Finding these vectors is actually more of a challenge than one might first imagine. This section illustrates ways of narrowing the search to a manageable number of hits, that can be identified for retrieval.

First, make sure you have a fresh blncbi window. If you have blncbi open, you can create a new window with File --> New Window. Otherwise, launch blncbi from the BIRCH launcher using Data Mining --> blncbi.

Open the query builder using Database --> Nucleotide. Let's do the simplest search first. For query term 1, the default is to search ALL FIELDS. Set the search term to 'bluescript'. Click on Run: Output to a new window to begin the search.

There are 345462 hits. In retrospect, this number shouldn't be too surprising, because the Bluescript vectors and their derivatives have been widely-used in cloning for decades.

Let's try limiting the search by changing the search field to Title, so that only those entries in which Bluescript in which 'bluescript' appears in the title will be returned.

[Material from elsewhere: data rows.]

-- ===== src/Gateway/Limits/Permits.antt =====
-- gateway/limits.rs: the sessions that hold a permit.
use warpdeck.Prelude.{
  ℕ, zero, suc, ◌+◌, ◌≡◌, Bool, true, false, Option, none, some, List, [], ◌∷◌, max, arith,
}
use warpdeck.Gateway.Limits.{
  F64, SessionLimits, TokenBucket, Acquired, permit, rejected, new, acquire, release, try_take,
  conn_full, refilled,
}

-- A client arrives at an instant, or one of the sessions ends.
pub data Traffic : Type 0 where
  arrive : ℕ → Traffic
  leave : Traffic

abbrev pub admitted : Acquired → ℕ → ℕ
admitted (permit true) n = suc n
admitted _ n = n

abbrev pub is_limited : Option ℕ → Bool
is_limited none = false
is_limited (some n) = true

abbrev pub free : Option ℕ → ℕ
free none = 0
free (some n) = n

module _ (f : F64) where
  -- The limits with the number of sessions that hold a place.
  pub record Open : Type 0 where
    pub limits : SessionLimits f
    pub sessions : ℕ

  unfoldable pub pass : Traffic → Open → Open
  unfolding acquire release
  pass (arrive now) o =
      let (answer, l) = acquire f now o.limits in
      record { limits = l; sessions = admitted answer o.sessions }
  pass leave o = elim o.sessions [
    | zero ↦ o
    | suc n ↦ record { limits = release f true o.limits; sessions = n }
  ]

  unfoldable pub passes : List Traffic → Open → Open
  passes [] o = o
  passes (t ∷ ts) o = passes ts (pass t o)

  -- The free places and the sessions make up the capacity.
  pub record IsCounted (capacity : ℕ) (o : Open) : Type 0 where
    pub limited : is_limited o.limits.conn ≡ true
    pub counted : free o.limits.conn + o.sessions ≡ capacity

  pass-IsCounted :
      (capacity : ℕ) (t : Traffic) (o : Open) → IsCounted capacity o → IsCounted capacity (pass t o)
  unfolding pass
  pass-IsCounted capacity (arrive now) o i = ground arith
  pass-IsCounted capacity leave o i = ground arith

  passes-IsCounted :
      (capacity : ℕ) (ts : List Traffic) (o : Open)
      → IsCounted capacity o
      → IsCounted capacity (passes ts o)
  unfolding passes
  passes-IsCounted capacity [] o i = i
  passes-IsCounted capacity (t ∷ ts) o i =
      passes-IsCounted capacity ts (pass t o) (pass-IsCounted capacity t o i)

  abbrev pub opened : Option ℕ → Option ℕ → ℕ → Open
  unfolding new
  opened max_connections max_rps now = record {
    limits = new f max_connections max_rps now;
    sessions = 0;
  }

  -- With a limit on the connections, after any arrivals and endings the sessions that hold a permit and the
  -- free permits make up the limit, a limit of 0 counting as 1; so no more sessions than that are ever open.
  pub passes-opened :
      (max_connections : ℕ) (max_rps : Option ℕ) (now : ℕ) (ts : List Traffic)
      → IsCounted (max max_connections 1) (passes ts (opened (some max_connections) max_rps now))
  passes-opened max_connections max_rps now ts =
      passes-IsCounted (max max_connections 1) ts (opened (some max_connections) max_rps now)
        (unfold new in ground arith)

  -- A client that comes while all permits are taken is turned away, and has used up a token of the rate all
  -- the same where there is a rate and it has a token.
  pub acquire-full :
      (now : ℕ) (l : SessionLimits f) (b : TokenBucket f)
      → l.conn ≡ some 0
      → l.rps ≡ some b
      → (try_take f now b).0 ≡ true
      → ((acquire f now l).0 ≡ rejected conn_full)
        × ((acquire f now l).1.rps ≡ some (try_take f now b).1)
        × ((try_take f now b).1.tokens ≡ f.minus (refilled f now b) f.one)
  unfolding acquire try_take
  acquire-full now l b none_free limited token = (ground arith, ground arith, ground arith)
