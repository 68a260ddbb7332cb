-- ===== src/Runtime/Health.antt =====
-- runtime/health.rs with the report type of runtime/probe: one round of the three-layer check.
pub mod Verdict
use warpdeck.Prelude.{
  ℕ, Bool, true, false, ◌&&◌, ◌||◌, not, Option, none, some, List, codes, leb, list_eq,
  if◌then◌else◌,
}
use warpdeck.Prelude.Machine.{saturating_add_u32}
use warpdeck.Runtime.Registry.{RuntimeState, is_healthy}

pub record TraceResult : Type 0 where
  pub ip : Option (List ℕ)
  pub colo : Option (List ℕ)
  pub warp : Option (List ℕ)

pub record DataPlaneReport : Type 0 where
  pub trace_v4 : Option TraceResult
  pub trace_v6 : Option TraceResult
  pub latency_ms : ℕ

-- `t.warp.as_deref() == Some("on")`, on a family that may have no result.
abbrev pub family_on : Option TraceResult → Bool
family_on none = false
family_on (some t) = elim t.warp [ none ↦ false | some w ↦ list_eq w (codes "on") ]

unfoldable pub warp_on : DataPlaneReport → Bool
warp_on r = family_on r.trace_v4 || family_on r.trace_v6

pub record HealthConfig : Type 0 where
  pub failure_threshold : ℕ
  pub recovery_success_threshold : ℕ

unfoldable pub default_config : HealthConfig
default_config = record { failure_threshold = 3; recovery_success_threshold = 2 }

pub record HealthCounters : Type 0 where
  pub consecutive_failures : ℕ
  pub consecutive_successes : ℕ

pub data HealthVerdict : Type 0 where
  healthy degraded failed : HealthVerdict

abbrev pub as_runtime_state : HealthVerdict → RuntimeState
as_runtime_state HealthVerdict.healthy = RuntimeState.healthy
as_runtime_state HealthVerdict.degraded = RuntimeState.degraded
as_runtime_state HealthVerdict.failed = RuntimeState.failed

pub record LayersReport : Type 0 where
  pub process_alive : Bool
  pub control_connected : Bool
  pub data_plane : Option DataPlaneReport

unfoldable pub data_plane_ok : LayersReport → Bool
data_plane_ok r = elim r.data_plane [ none ↦ false | some d ↦ warp_on d ]

assess_dead : HealthCounters → HealthVerdict × HealthCounters
assess_dead c = (
  HealthVerdict.failed,
  record {
    consecutive_failures = saturating_add_u32 c.consecutive_failures 1;
    consecutive_successes = 0;
  },
)

assess_success : HealthCounters → HealthConfig → RuntimeState → HealthVerdict × HealthCounters
assess_success c config current =
    let successes = saturating_add_u32 c.consecutive_successes 1 in
    let back = leb config.recovery_success_threshold successes || is_healthy current in
    (
      if back then HealthVerdict.healthy else HealthVerdict.degraded,
      record { consecutive_failures = 0; consecutive_successes = successes },
    )

assess_failure : HealthCounters → HealthConfig → HealthVerdict × HealthCounters
assess_failure c config =
    let failures = saturating_add_u32 c.consecutive_failures 1 in
    (
      if leb config.failure_threshold failures
          then HealthVerdict.failed
          else HealthVerdict.degraded,
      record { consecutive_failures = failures; consecutive_successes = 0 },
    )

-- `none` is the panic of the two `assert!` lines.
unfoldable pub assess_layers :
    LayersReport
    → HealthCounters
    → HealthConfig
    → RuntimeState
    → Option (HealthVerdict × HealthCounters)
unfolding assess_dead assess_success assess_failure
assess_layers report counters config current =
    if not (leb 1 config.failure_threshold)
    then none
    else if not (leb 1 config.recovery_success_threshold)
    then none
    else if not report.process_alive
    then some (assess_dead counters)
    else if report.control_connected && data_plane_ok report
    then some (assess_success counters config current)
    else some (assess_failure counters config)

The search indicates that there are 35,102 hits. This is an improvement by a factor of 10, but still too many hits to examine by inspection. Most of those hits are probably from clones that were made using a Bluescript vector.

The Bluescript-related vectors are probably a very small percentage of those hits.That means that we can eliminate most clones by limiting the search to the GenBank Synthetic division, which only has synthetic sequences. We join the two search terms by choosing 'AND', and rerun the search.

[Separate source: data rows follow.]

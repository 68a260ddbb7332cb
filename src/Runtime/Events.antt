-- ===== src/Runtime/Events.antt =====
-- runtime/events.rs: the events of the bus. The bus is the sequence of events published so far, which
-- is what a subscriber that keeps up receives.
use warpdeck.Prelude.{ℕ, Option, List, [], ◌∷◌, ◌++◌}
use warpdeck.Runtime.Instance.{InstanceId}
use warpdeck.Runtime.Message.{Message}
use warpdeck.Runtime.Registry.{RuntimeState, IpAddr}

pub record StateTransition : Type 0 where
  pub instance_id : InstanceId
  pub from : RuntimeState
  pub to : RuntimeState
  pub reason : Message

pub data HealthEvent : Type 0 where
  state_changed : StateTransition → HealthEvent
  health_changed : StateTransition → HealthEvent
  exit_ip_changed :
      InstanceId → Option IpAddr → Option IpAddr → Option (List ℕ) → Option ℕ → HealthEvent

abbrev pub EventBus : Type 0
EventBus = List HealthEvent

abbrev pub publish : HealthEvent → EventBus → EventBus
publish e bus = bus ++ e ∷ []

-- `InstanceManager::publish_transition`.
abbrev pub publish_transition :
    InstanceId → RuntimeState → RuntimeState → Message → EventBus → EventBus
publish_transition id from to reason bus =
    publish (state_changed (record { instance_id = id; from = from; to = to; reason = reason })) bus
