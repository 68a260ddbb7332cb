-- ===== src/Runtime/Monitor.antt =====
-- runtime/health_monitor.rs and the two functions of runtime/manager.rs that it drives. `parse_ip` is
-- `str::parse::<IpAddr>`; what the control plane and the prober answer are arguments; `meanwhile` is
-- what the other tasks do to the registry between the two times that it is locked.
pub mod Guard
pub mod Streak
use Prim.Native.Nat.{min}
use warpdeck.Prelude.{
  ℕ, Bool, true, false, ◌&&◌, ◌||◌, not, Option, none, some, List, [], ◌∷◌, ◌==◌, list_eq,
  if◌then◌else◌,
}
use warpdeck.Prelude.Machine.{u32_max}
use warpdeck.Runtime.Instance.{InstanceId, IdResult, instance_port}
use warpdeck.Runtime.Message.{
  Message, status_disconnected, probe_failed, warp_is_off, recovered, failures_reached,
  health_degraded,
}
use warpdeck.Runtime.Registry.{RuntimeState, InstanceRuntime, IpAddr, Registry, is_healthy}
use warpdeck.Runtime.Registry
use warpdeck.Runtime.Health.{
  HealthVerdict, HealthCounters, HealthConfig, LayersReport, DataPlaneReport, TraceResult,
  as_runtime_state, assess_layers, warp_on,
}
use warpdeck.Runtime.Events.{
  EventBus, HealthEvent, publish, publish_transition, health_changed, exit_ip_changed,
}

pub record View : Type 0 where
  pub registry : Registry
  pub bus : EventBus

-- `matches!(state, Healthy | Degraded)`.
abbrev pub is_assessed : RuntimeState → Bool
is_assessed RuntimeState.healthy = true
is_assessed RuntimeState.degraded = true
is_assessed _ = false

abbrev pub ip_eq : IpAddr → IpAddr → Bool
ip_eq (IpAddr.v4 a) (IpAddr.v4 b) = a == b
ip_eq (IpAddr.v6 a) (IpAddr.v6 b) = a == b
ip_eq _ _ = false

-- `new.is_some() && new != old`.
abbrev pub ip_moved : Option IpAddr → Option IpAddr → Bool
ip_moved none old = false
ip_moved (some a) none = true
ip_moved (some a) (some b) = not (ip_eq a b)

abbrev pub colo : DataPlaneReport → Option (List ℕ)
colo d = first (field d.trace_v4) (field d.trace_v6)
  where
    field : Option TraceResult → Option (List ℕ)
    field none = none
    field (some t) = t.colo

    first : Option (List ℕ) → Option (List ℕ) → Option (List ℕ)
    first none b = b
    first (some a) b = some a

abbrev pub clamp_latency : ℕ → ℕ
clamp_latency ms = min ms u32_max

-- The summary that a round leaves in `last_error`.
abbrev pub round_error : LayersReport → Option Message
round_error r = if not r.control_connected then some status_disconnected else elim r.data_plane [
  | none ↦ some probe_failed
  | some d ↦ if not (warp_on d) then some warp_is_off else none
]

-- The reason of the transition.
abbrev pub verdict_reason : RuntimeState → HealthCounters → Message
verdict_reason RuntimeState.healthy c = recovered
verdict_reason RuntimeState.failed c = failures_reached c.consecutive_failures
verdict_reason _ c = health_degraded

abbrev same_state : RuntimeState → HealthVerdict → Bool
same_state RuntimeState.healthy HealthVerdict.healthy = true
same_state RuntimeState.degraded HealthVerdict.degraded = true
same_state RuntimeState.failed HealthVerdict.failed = true
same_state _ _ = false

module _ (parse_ip : List ℕ → Option IpAddr) where
  -- `DataPlaneReport::exit_ip_v4` and `exit_ip_v6`, of the family's result.
  pub exit_ip : Option TraceResult → Option IpAddr
  exit_ip none = none
  exit_ip (some t) = elim t.ip [ none ↦ none | some text ↦ parse_ip text ]

  new_exit : (DataPlaneReport → Option TraceResult) → LayersReport → Option IpAddr
  unfolding exit_ip
  new_exit family r = elim r.data_plane [ none ↦ none | some d ↦ exit_ip (family d) ]

  unfoldable pub record_metrics : DataPlaneReport → InstanceRuntime → InstanceRuntime
  unfolding exit_ip
  record_metrics d e = record e {
    exit_ip_v4 = exit_ip d.trace_v4;
    exit_ip_v6 = exit_ip d.trace_v6;
    colo = colo d;
    latency_ms = some (clamp_latency d.latency_ms);
  }

  -- The body of the closure that `apply_health_verdict` hands to `update`.
  pub apply_round :
      HealthVerdict → HealthCounters → LayersReport → InstanceRuntime → InstanceRuntime
  unfolding record_metrics
  apply_round verdict counters report e =
      if not (is_assessed e.state)
      then e
      else (let measured : InstanceRuntime = elim report.data_plane [
        | none ↦ e
        | some d ↦ record_metrics d e
      ] in
          record measured {
            state = as_runtime_state verdict;
            consecutive_failures = counters.consecutive_failures;
            consecutive_successes = counters.consecutive_successes;
            last_error = round_error report;
          })

  publish_round :
      InstanceId
      → InstanceRuntime
      → HealthVerdict
      → HealthCounters
      → LayersReport
      → EventBus
      → EventBus
  unfolding new_exit
  publish_round id before verdict counters report bus =
      let target = as_runtime_state verdict in
      let reason = verdict_reason target counters in
      let ip4 = new_exit (λ d. d.trace_v4) report in
      let ip6 = new_exit (λ d. d.trace_v6) report in
      let moved : EventBus =
        if same_state before.state verdict
        then bus
        else publish
            (health_changed
              (record { instance_id = id; from = before.state; to = target; reason = reason }))
            (publish_transition id before.state target reason bus) in
      elim report.data_plane [
        | none ↦ moved
        | some d ↦
            if ip_moved ip4 before.exit_ip_v4 || ip_moved ip6 before.exit_ip_v6
            then publish (exit_ip_changed id ip4 ip6 (colo d) (some (clamp_latency d.latency_ms)))
                moved
            else moved
      ]

  -- The second component says whether the verdict was applied (`Some(())`) or dropped (`None`).
  unfoldable pub apply_health_verdict :
      (Registry → Registry)
      → InstanceId
      → HealthVerdict
      → HealthCounters
      → LayersReport
      → View
      → View × Bool
  unfolding apply_round publish_round
  apply_health_verdict meanwhile id verdict counters report v = elim (Registry.get id v.registry) [
    | none ↦ (v, false)
    | some before ↦
        if not (is_assessed before.state)
        then (v, false)
        else (let r = meanwhile v.registry in
            let applied : Bool = elim (Registry.get id r) [
              | none ↦ false
              | some e ↦ is_assessed e.state
            ] in
            let r' = Registry.update id (apply_round verdict counters report) r in
            if applied
            then (
              record { registry = r'; bus = publish_round id before verdict counters report v.bus },
              true,
            )
            else (record { registry = r'; bus = v.bus }, false))
  ]

-- The report that `collect_health_layers` builds.
abbrev pub layers : InstanceRuntime → Option Bool → Option DataPlaneReport → LayersReport
layers snapshot status probe = record {
  process_alive = elim snapshot.warp_pid [ none ↦ false | some _ ↦ true ];
  control_connected = elim status [ none ↦ false | some c ↦ c ];
  data_plane = probe;
}

abbrev pub counters : InstanceRuntime → HealthCounters
counters e = record {
  consecutive_failures = e.consecutive_failures;
  consecutive_successes = e.consecutive_successes;
}

-- `status` is the answer of `warp-cli status` (`none` on an error), `probe` that of the prober.
unfoldable pub collect_health_layers :
    InstanceId
    → Option Bool
    → Option DataPlaneReport
    → Registry
    → Option (InstanceRuntime × LayersReport)
collect_health_layers id status probe r = elim (Registry.get id r) [
  | none ↦ none
  | some snapshot ↦ if not (is_assessed snapshot.state) then none else elim (instance_port id) [
    | IdResult.err _ ↦ none
    | IdResult.ok _ ↦ some (snapshot, layers snapshot status probe)
  ]
]

-- `HealthMonitor::tick_instance`: `none` is the panic of `assess_layers`.
unfoldable pub tick_instance :
    (List ℕ → Option IpAddr)
    → HealthConfig
    → (Registry → Registry)
    → InstanceId
    → Option Bool
    → Option DataPlaneReport
    → View
    → Option (View × Bool)
tick_instance parse_ip config meanwhile id status probe v =
    elim (collect_health_layers id status probe v.registry) [
      | none ↦ some (v, false)
      | some (snapshot, report) ↦
          elim (assess_layers report (counters snapshot) config snapshot.state) [
            | none ↦ none
            | some (verdict, next) ↦
                some ((apply_health_verdict parse_ip meanwhile id verdict next report v).0, true)
          ]
    ]

-- Rounds of one instance with no other task in between: each has what `warp-cli status` and the
-- prober answer.
unfoldable pub rounds :
    (List ℕ → Option IpAddr)
    → HealthConfig
    → InstanceId
    → List (Option Bool × Option DataPlaneReport)
    → View
    → Option View
rounds parse_ip config id [] v = some v
rounds parse_ip config id ((status, probe) ∷ rs) v =
    elim (tick_instance parse_ip config (λ r. r) id status probe v) [
      | none ↦ none
      | some (v', _) ↦ rounds parse_ip config id rs v'
    ]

Well that was disappointing.

This example illustrates that searches of the NCBI databases can be counterintuitive. I have no idea why the actual vectors themselves weren't found, because as we'll see later, they are in fact in the Synthetic division. (Repeating the search using variants such as "Bluescript" and "SYN" gives the same result).

Looking again at bluescript.pdf, we see that the term 'phagemid' is prominent in the title. Let's us this as the search term instead of 'bluescript'. Also, turn off AND and remove 'syn' from query term 2, because that term caused us to miss bluescript previously.

Okay, 656 hits are a manageable number to scan by inspection. We didn't get the actual hits because by default blncbi will only show hits if there are 500 or fewer.

To see the hits go to back to the Nucleotide query and open the Limits tab.

Change "Do not retrieve if number exceeds" to something larger than 656 eg. 700.

Repeat the search.

The result is shown at right.

As a quick way to see if the Bluescript vectors are in the list, you could try sorting the output by sequence length. Choose Edit --> BLSORT and set the 1st sort key to column 4 (shown as D in BioLegato).

If you remembered that Bluescript was just a bit under 3kb in length, you could try scrolling through the sorted output to the correct size range, as shown in column D.

Success!

Select all four by holding down the CTRL key and clicking on each Accession number.

Retrieve these entries using Database --> SEQFETCH.

Select the four sequences in bldna, and choose File --> View sequences, with the output format set to GenBank. A quick look at the LOCUS lines of the four sequences in this file will verify that these sequences are indeed in the Synthetic (SYN) division.

To save all sequences to a single file, choose File --> Save ALL as.

Set the File Name to bluescript.gen, and make sure Files of Type is set to GenBank. Save the file.